Link quality indicators (LQI) are proprietary numbers that give an indication of how good a communication channel is for transmission and correct reception of signals. Most of the existing LQI’s however are unable to discriminate between a noisy channel and a hostile jammer because they are based on energy profile of the received signal. Consider a friendly sensor, Alice, and an eavesdropper Bob all sending messages to a receiver with Bob having ulterior motives to flood the channel and disrupt communication. Figure 1 illustrates a typical channel jamming setup.
Figure 1: Alice transmitting to receiver with a jamming signal from Bob.

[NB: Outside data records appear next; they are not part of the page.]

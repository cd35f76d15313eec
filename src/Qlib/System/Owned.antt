-- ===== src/Qlib/System/Owned.antt =====
-- What the messages that a link handles do to the queues that are taken.
use mnm.Prelude.{ℕ, ◌≡◌, ap, inl, inr, ◌⊎◌, refl, true, Option, none, some, Text}
use mnm.Qlib.Header.{Header, Operation, operation}
use mnm.Qlib.Quit.{Quit}
use mnm.Qlib.Op.{Result, ok, err, panic, continue, ◌>>◌}
use mnm.Qlib.Server.{Msg, Server, Link, State, Env}
use mnm.Qlib.Nodes.{queue_link}
use mnm.Qlib.Nodes.Exclusive.{IsTaken, TakesIf, queue_link-refuses, queue_link-TakesIf}
use mnm.Qlib.Nodes.Growing.{Grows, queue_link-Growing}
use mnm.Qlib.Stable.{Writes, Streams, Serves, Keeps, write_msg-Keeps, keeps_rules}
use mnm.Qlib.Post.Linked.{post_msg-Keeps}
use mnm.Qlib.Handle.Register.{
  handle_tmtp_rev, login_info, online, tell_login, after_link, login_node,
}
use mnm.Qlib.Handle.Kept.{
  handle_register-Keeps, handle_login-Keeps, handle_user_edit-Keeps, handle_ohi_edit-Keeps,
  handle_invite-Keeps, handle_group_edit-Keeps, handle_post-Keeps, handle_post_notify-Keeps,
  handle_ping-Keeps, handle_ack-Keeps,
}
use mnm.Qlib.Handle.Dispatch.{gate, gated, handle_op, handle_msg}

-- From a link and a server before to those after: no queue is freed, and a link with a queue has its
-- node's, which it had before, or which no link had.
pub record Owned (l0 : Link) (s0 : Server) (l : Link) (t : Server) : Type 0 where
  pub grows : Grows s0 t
  pub owned :
      l.queue ≡ true
      → IsTaken l.node t × (((l0.queue ≡ true) × (l0.node ≡ l.node)) ⊎ (IsTaken l.node s0 → ⊥))

module _ (l0 : Link) (s0 : Server) (env : Env) where
  writes-Owned : Writes (Owned l0 s0)
  writes-Owned l t w p = record { grows = p.grows; owned = p.owned }

  streams-Owned : Streams (Owned l0 s0)
  streams-Owned l t r p = record { grows = p.grows; owned = p.owned }

  serves-Owned : Serves (Owned l0 s0)
  serves-Owned l s t g p = record {
    grows = λ n k. g n (p.grows n k);
    owned = λ e. (g l.node (p.owned e).0, (p.owned e).1);
  }

  holds-Owned : (l : Link) (t : Server) → Owned l0 s0 l t → Owned l0 s0 (record l { ohi = true }) t
  holds-Owned l t p = record { grows = p.grows; owned = p.owned }

  revises-Owned :
      (l : Link) (t : Server) (rev : Text)
      → Owned l0 s0 l t
      → Owned l0 s0 (record l { tmtprev = rev }) t
  revises-Owned l t rev p = record { grows = p.grows; owned = p.owned }

  -- The link that has got a node that no link had.
  abbrev Gets : Text → Link → Server → Type 0
  Gets qid l t = Owned l0 s0 l t × (IsTaken qid t × (IsTaken qid s0 → ⊥))

  writes-Gets : (qid : Text) → Writes (Gets qid)
  writes-Gets qid l t w p = (writes-Owned l t w p.0, p.1)

  module _ (h : Header) (uid qid : Text) where
    tell_login-Owned : Keeps (Owned l0 s0) (tell_login env h uid)
    tell_login-Owned =
        search (keeps_rules, post_msg-Keeps, writes-Owned, streams-Owned, serves-Owned) depth 12

    written-Owned :
        (r : Result (Unit {0}) × State)
        → Gets qid r.1.link r.1.server
        → Owned l0 s0
            (continue r (λ _. do online uid qid; tell_login env h uid)).1.link
            (continue r (λ _. do online uid qid; tell_login env h uid)).1.server
    written-Owned (ok a, s) p =
        tell_login-Owned _ (record { grows = p.0.grows; owned = λ e. (p.1.0, inr p.1.1) })
    written-Owned (err e, s) p = p.0
    written-Owned (panic, s) p = p.0

    login_node-Owned : Keeps (Owned l0 s0) (login_node env h uid qid)
    unfolding login_node
    login_node-Owned s p =
        linked (queue_link env qid login_info uid s.server)
          (queue_link-Growing env qid login_info uid s.server)
          (queue_link-TakesIf env qid uid login_info s.server)
          (λ k. ap (λ r. r.0) (queue_link-refuses env qid uid login_info s.server k))
      where
        linked :
            (r : Result (Option Msg) × Server)
            → Grows s.server r.1
            → TakesIf qid r
            → (IsTaken qid s.server → r.0 ≡ ok none)
            → Owned l0 s0
                (continue (r.0, record s { server = r.1 }) (after_link env h uid qid)).1.link
                (continue (r.0, record s { server = r.1 }) (after_link env h uid qid)).1.server
        linked (ok none, t) g k q = serves-Owned s.link s.server t g p
        linked (err e, t) g k q = serves-Owned s.link s.server t g p
        linked (panic, t) g k q = serves-Owned s.link s.server t g p
        linked (ok (some m), t) g k q =
            let fresh : IsTaken qid s0 → ⊥ =
              λ n. let clash : ok (some m) ≡ ok none = q (p.grows qid n) in cc in
            written-Owned _ (
              write_msg-Keeps (Gets qid) env m (writes-Gets qid) (record s { server = t })
                (serves-Owned s.link s.server t g p, (k, fresh)))

  handle_tmtp_rev-Owned : (h : Header) → Keeps (Owned l0 s0) (handle_tmtp_rev env h)
  unfolding handle_tmtp_rev
  handle_tmtp_rev-Owned h = search (keeps_rules, revises-Owned, writes-Owned) depth 12

  op-Owned :
      (o : Option Operation) (space : ℕ) (h : Header) (bytes : Text)
      → Keeps (Owned l0 s0) (handle_op env o space h bytes)
  unfolding handle_op
  op-Owned none space h bytes = search keeps_rules
  op-Owned (some Operation.tmtp_rev) space h bytes = handle_tmtp_rev-Owned h
  op-Owned (some Operation.register) space h bytes =
      handle_register-Keeps (Owned l0 s0) writes-Owned streams-Owned serves-Owned env
        login_node-Owned h
  op-Owned (some Operation.login) space h bytes =
      handle_login-Keeps (Owned l0 s0) writes-Owned streams-Owned serves-Owned env login_node-Owned
        h h.uid h.node
  op-Owned (some Operation.user_edit) space h bytes =
      handle_user_edit-Keeps (Owned l0 s0) writes-Owned streams-Owned serves-Owned env h
  op-Owned (some Operation.ohi_edit) space h bytes =
      handle_ohi_edit-Keeps (Owned l0 s0) writes-Owned streams-Owned serves-Owned env holds-Owned h
  op-Owned (some Operation.group_invite) space h bytes =
      handle_invite-Keeps (Owned l0 s0) writes-Owned streams-Owned serves-Owned env space h bytes
  op-Owned (some Operation.group_edit) space h bytes =
      handle_group_edit-Keeps (Owned l0 s0) writes-Owned streams-Owned serves-Owned env space h
        bytes
  op-Owned (some Operation.post) space h bytes =
      handle_post-Keeps (Owned l0 s0) writes-Owned streams-Owned serves-Owned env h bytes
  op-Owned (some Operation.post_notify) space h bytes =
      handle_post_notify-Keeps (Owned l0 s0) writes-Owned streams-Owned serves-Owned env h bytes
  op-Owned (some Operation.ping) space h bytes =
      handle_ping-Keeps (Owned l0 s0) writes-Owned streams-Owned serves-Owned env space h bytes
  op-Owned (some Operation.ack) space h bytes =
      handle_ack-Keeps (Owned l0 s0) writes-Owned streams-Owned serves-Owned env h
  op-Owned (some Operation.pulse) space h bytes = search keeps_rules
  op-Owned (some Operation.quit) space h bytes = search keeps_rules

  gated-Owned :
      (g : Option Quit) (o : Option Operation) (space : ℕ) (h : Header) (bytes : Text)
      → Keeps (Owned l0 s0) (gated env g o space h bytes)
  unfolding gated
  gated-Owned (some q) o space h bytes = search keeps_rules
  gated-Owned none o space h bytes = op-Owned o space h bytes

-- A message that a link handles, of any kind, frees no queue. If the link's node is taken where the
-- link has a queue, this is so afterwards too, and then the node is the one that it had with a queue
-- before, or one that was not taken.
pub handle_msg-Owned :
    (env : Env) (space : ℕ) (h : Header) (bytes : Text) (s : State)
    → (s.link.queue ≡ true → IsTaken s.link.node s.server)
    → (let t = (handle_msg env space h bytes s).1 in Owned s.link s.server t.link t.server)
unfolding handle_msg
handle_msg-Owned env space h bytes s p =
    gated-Owned s.link s.server env (gate s.link (operation h.op)) (operation h.op) space h bytes s
      (record { grows = λ n k. k; owned = λ e. (p e, inl (e, refl)) })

We will like to answer the decision problem of whether there is a message sent from Alice without necessarily having success in decoding the sent message. This is similar to determining the LQI to ensure efficient communication. Here we deploy a bank of matched filters to a predetermined physical address of all non-hostile transmitters. Note that these chunks of bytes in the transmitted signal are not part of the signal. The matched filter answers two potential questions: (1) was a packet transmitted? and (2) which device transmitted the packet? The output of the matched filtering stage is fed to downstream blocks for further signal processing. The matched filter implements three tasks:
(i) An energy detection threshold T1 is applied to determine whether a packet was present or not. (ii) If a packet was present, the matched filter output is computed and compared to the previous value from the preceding epoch. The ratio is then compared to a threshold T2 (iii) If steps (i) and (ii) are passed, then, a Pearsons correlation coefficient is computed and compared to a final threshold T3. The implementation at the receiver node is illustrated in Figure 2.
Figure 2: Signal processing blocks at the receiver node.
The algorithm described leads to detecting whether a packet was transmitted and from which source up to signal-to-noise-plus-interference values well below 0dB.